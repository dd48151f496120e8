-- ===== src/PoolPolicy/Rounds.antt =====
-- The counters of the weighted round robin policy.
use rsplib.Base.{
  ℕ, ◌+◌, ◌%◌, ◌<◌, ◌≤◌, ◌^◌, List, [], ◌∷◌, map, ◌≡◌, refl, arith, lt, All, Bool-cases, inl, inr,
  ltb,
}
use rsplib.PoolElement.{PoolElementNode}
use rsplib.PoolPolicy.Compare.{weighted_round_robin_comparison}
use rsplib.PoolPolicy.Update.{
  current_round_counter, lower_round_counter, reset_round_counters, weighted_round_robin_initialize,
  weighted_round_robin_update, weighted_round_robin_prepare,
}
use rsplib.PoolPolicy.Order.{Keeps, KeepAll, KeepAll-refl, FitsRound}
use rsplib.Storage.Order.{Above, IsSorted}

pub weighted_round_robin_update-Keeps :
    (e : PoolElementNode) → Keeps e (weighted_round_robin_update e)
unfolding weighted_round_robin_update
weighted_round_robin_update-Keeps e = ground arith

current_round_counter-lt :
    (es : List PoolElementNode) → All FitsRound es → current_round_counter es < 2 ^ 32
unfolding current_round_counter
current_round_counter-lt [] h = omega arith
current_round_counter-lt (e ∷ es) h = h.0

pub weighted_round_robin_initialize-Keeps :
    (es : List PoolElementNode) (e : PoolElementNode)
    → All FitsRound es
    → Keeps e (weighted_round_robin_initialize es e)
unfolding weighted_round_robin_initialize
weighted_round_robin_initialize-Keeps es e h = record {
  same_identifier = refl;
  same_account = refl;
  same_seq = refl;
  same_settings = refl;
  only_counters = refl;
  fits = λ _. current_round_counter-lt es h;
}

lower-KeepAll : (r : ℕ) (es : List PoolElementNode) → KeepAll es (map (lower_round_counter r) es)
unfolding lower_round_counter
lower-KeepAll r [] = tt
lower-KeepAll r (e ∷ es) = (
  record {
    same_identifier = refl;
    same_account = refl;
    same_seq = refl;
    same_settings = refl;
    only_counters = refl;
    fits = λ _. omega arith;
  },
  lower-KeepAll r es,
)

reset-KeepAll : (es : List PoolElementNode) → KeepAll es (reset_round_counters es)
unfolding reset_round_counters
reset-KeepAll [] = tt
reset-KeepAll (e ∷ es) = lower-KeepAll e.round_counter (e ∷ es)

pub weighted_round_robin_prepare-KeepAll :
    (es : List PoolElementNode) → KeepAll es (weighted_round_robin_prepare es)
unfolding weighted_round_robin_prepare
weighted_round_robin_prepare-KeepAll es =
    elim (Bool-cases (ltb ((current_round_counter es + 2) % 2 ^ 32) (current_round_counter es))) [
      | inl t ↦ rw t (reset-KeepAll es)
      | inr f ↦ rw f (KeepAll-refl es)
    ]

lower_lt :
    (r : ℕ) (a b : PoolElementNode)
    → r ≤ a.round_counter
    → a.round_counter < 2 ^ 32
    → b.round_counter < 2 ^ 32
    → weighted_round_robin_comparison a b ≡ lt
    → weighted_round_robin_comparison (lower_round_counter r a) (lower_round_counter r b) ≡ lt
unfolding weighted_round_robin_comparison lower_round_counter
lower_lt r a b low ha hb h = ground arith

round_le :
    (a b : PoolElementNode)
    → weighted_round_robin_comparison a b ≡ lt
    → a.round_counter ≤ b.round_counter
unfolding weighted_round_robin_comparison
round_le a b h = ground arith

lower-Above :
    (r : ℕ) (a : PoolElementNode) (es : List PoolElementNode)
    → r ≤ a.round_counter
    → FitsRound a
    → All FitsRound es
    → Above weighted_round_robin_comparison a es
    → Above weighted_round_robin_comparison
        (lower_round_counter r a)
        (map (lower_round_counter r) es)
lower-Above r a [] low ha h s = tt
lower-Above r a (e ∷ es) low ha h s =
    (lower_lt r a e low ha h.0 s.0, lower-Above r a es low ha h.1 s.1)

lower-IsSorted :
    (r : ℕ) (es : List PoolElementNode)
    → All (λ e. r ≤ e.round_counter) es
    → All FitsRound es
    → IsSorted weighted_round_robin_comparison es
    → IsSorted weighted_round_robin_comparison (map (lower_round_counter r) es)
lower-IsSorted r [] low h s = tt
lower-IsSorted r (e ∷ es) low h s =
    (lower-Above r e es low.0 h.0 h.1 s.0, lower-IsSorted r es low.1 h.1 s.1)

Above-le :
    (a : PoolElementNode) (es : List PoolElementNode)
    → Above weighted_round_robin_comparison a es
    → All (λ e. a.round_counter ≤ e.round_counter) es
Above-le a [] s = tt
Above-le a (e ∷ es) s = (round_le a e s.0, Above-le a es s.1)

reset-IsSorted :
    (es : List PoolElementNode)
    → All FitsRound es
    → IsSorted weighted_round_robin_comparison es
    → IsSorted weighted_round_robin_comparison (reset_round_counters es)
unfolding reset_round_counters
reset-IsSorted [] h s = tt
reset-IsSorted (e ∷ es) h s =
    lower-IsSorted e.round_counter (e ∷ es) (omega arith, Above-le e es s.0) h s

-- Preparing a selection that is sorted by the order of Weighted Round Robin, with round counters
-- that fit 32 bits, leaves it sorted, also where the round counters are lowered because the next
-- two rounds overflow.
pub weighted_round_robin_prepare-IsSorted :
    (es : List PoolElementNode)
    → All FitsRound es
    → IsSorted weighted_round_robin_comparison es
    → IsSorted weighted_round_robin_comparison (weighted_round_robin_prepare es)
unfolding weighted_round_robin_prepare
weighted_round_robin_prepare-IsSorted es h s =
    elim (Bool-cases (ltb ((current_round_counter es + 2) % 2 ^ 32) (current_round_counter es))) [
      | inl t ↦ rw t (reset-IsSorted es h s)
      | inr f ↦ rw f s
    ]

→ Work to complete
From the entries above, copy every line containing the word "Keeps".

→ Result of this task
use rsplib.PoolPolicy.Order.{Keeps, KeepAll, KeepAll-refl, FitsRound}
pub weighted_round_robin_update-Keeps :
    (e : PoolElementNode) → Keeps e (weighted_round_robin_update e)
weighted_round_robin_update-Keeps e = ground arith
pub weighted_round_robin_initialize-Keeps :
    → Keeps e (weighted_round_robin_initialize es e)
weighted_round_robin_initialize-Keeps es e h = record {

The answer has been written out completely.